Simultaneous spectrophotometric
determination of Tipiracil and Trifluridine
Rangisetty Spandana Yasaswini, Mukthinuthalapati
Mathrusri Annapurna*, Sistla Mounica Pratyusha
Department of Pharmaceutical Analysis,
GITAM Institute of Pharmacy,
GITAM (Deemed to be) University,
Visakhapatnam-530045, India
*Corresponding Author E-mail:
mannapurna.mukthinuthalapati@gitam.edu
ABSTRACT:
Tipiracil and Trifluridine are anticancer drugs used for third or
fourth-line treatment of metastatic colorectal cancer. Trifluridine is an
active antiviral drug used as ophthalmic solutions for the treatment of primary
keratoconjunctivitis and recurrent epithelial keratitis due to herpes simplex
virus type 1 and 2. It’s antiviral action is produced by incorporating in to
viral DNA during replication, that results in defective proteins formation and
increased mutation rate. Tipiracil is approved for the treatment of
unresectable advanced or recurrent colorectal cancer in the form of combination
drug trifluridine and tipiracil. Tipiracil is a thymidine phosphorylase
inhibitor that inhibits degradation of trifluridine, thus increasing systemic
exposure to trifluridine. In the present study three new spectrophotometric
methods such as Dual wavelength method (Method A), Graphical absorbance ratio
method (Method B) and First derivative method (Method C) were proposed for the
simultaneous determination of Tipiracil and Trifluridine and phosphate buffer (pH
7.0). Linearity was observed over the concentration range1-80 µg/ml in all the
three methods for borate buffer pH 9.0; phosphate buffer pH 7.0 and both the
methods were validated as per ICH guidelines. These methods can be successfully
applied for the simultaneous determination of Tipiracil and Trifluridine in
tablets.
KEYWORDS: Spectrophotometric
Determination, Tipiracil, Trifluridine
INTRODUCTION:
Trifluridine is an active anti-viral agent
(Figure 1A) which is used ophthalmic solutions for the treatment of primary
keratoconjunctivitis1 and recurrent epithelial keratitis due to
herpes simplex virus type 1 and 2 and Tipiracil (Figure 1B) is used as an
anti-cancer drug when given in combination with Trifluridine. Tipiracil is a
thymidine phosphorylase inhibitor2-4 that inhibits degradation of
Trifluridine, thus increasing systemic exposure to Trifluridine. Few methods of
HPLC were developed for simultaneous determination of Trifluridine and
Tipiracil5-11. At present the authors have proposed three different spectrophotometric methods for the
simultaneous determination of Trifluridine and Tipiracil and the methods
were validated12.
Figure 1A:
Chemical structure of Trifluridine
Figure 1B:
Chemical structure of Tipiracil
MATERIALS AND METHODS:
Model No. UV-1800 double beam UV-VIS spectrophotometer (Shimadzu)

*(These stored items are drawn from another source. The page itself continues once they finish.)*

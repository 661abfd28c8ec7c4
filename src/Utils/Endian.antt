-- ===== src/Utils/Endian.antt =====
-- uint32_to_le and uint32_from_le.
use daemonlib.Base.{ℕ, ◌^◌, ◌<◌, ◌≡◌, Bool, true, false, arith}
use daemonlib.Utils.{uint32_to_le, uint32_from_le}

-- Whatever the byte order of the host, uint32_from_le undoes uint32_to_le.
pub uint32_from_le-to_le :
    (little_endian : Bool) (x : ℕ)
    → x < 2 ^ 32
    → uint32_from_le little_endian (uint32_to_le little_endian x) ≡ x
uint32_from_le-to_le true x small = omega (arith, small)
uint32_from_le-to_le false x small = omega (arith, small)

with quartz cells was used for the entire study and all the sample
solutions were scanned 200-400 nm. Stock solutions of Trifluridine and
Tipiracil were separately prepared in methanol. Using phosphate buffer pH 7.0
and borate buffer pH 9.0 a series of dilutions were made for the present study.
Method validation
From the stock solution a series of Trifluridine and Tipiracil were prepared
and scanned against their reagent blank i.e. phosphate buffer pH 7.0 and borate
buffer pH 9.0. At the selected wavelength the absorbance was taken and their
absorptivity values were calculated for Method A and Method B and the
individual concentrations of both drugs were determined, by substituting these
absorptivity values in the equations. In Method C the concentration of each
drug was calculated at the zero crossing point (ZCP) of the other drug (minima
observed) from the first derivative spectra and vice versa. A calibration curve
was drawn by taking the concentration of the drug solution on the x- axis and
the corresponding absorbance values were taken on the y-axis for Method A and
Method B and for Method C the derivative absorbance was taken.
The intra-day (same day) and inter-day (three different day)
precision studies were performed at three different concentration levels and the %RSD was calculated. Accuracy
studies were carried out by spiking the formulation solution with the pure drug
(50%, 100%, and 150%) and the % recovery was calculated for all the three
methods A, B and C.
Assay of formulations (Tablets)
Twenty tablets of two brands containing
both Trifluridine and Tipiracil were manufactured in the local lab (20 mg
Trifluridine + 8.9 mg Tipiracil) & (15 mg Trifluridine + 6.14 mg Tipiracil)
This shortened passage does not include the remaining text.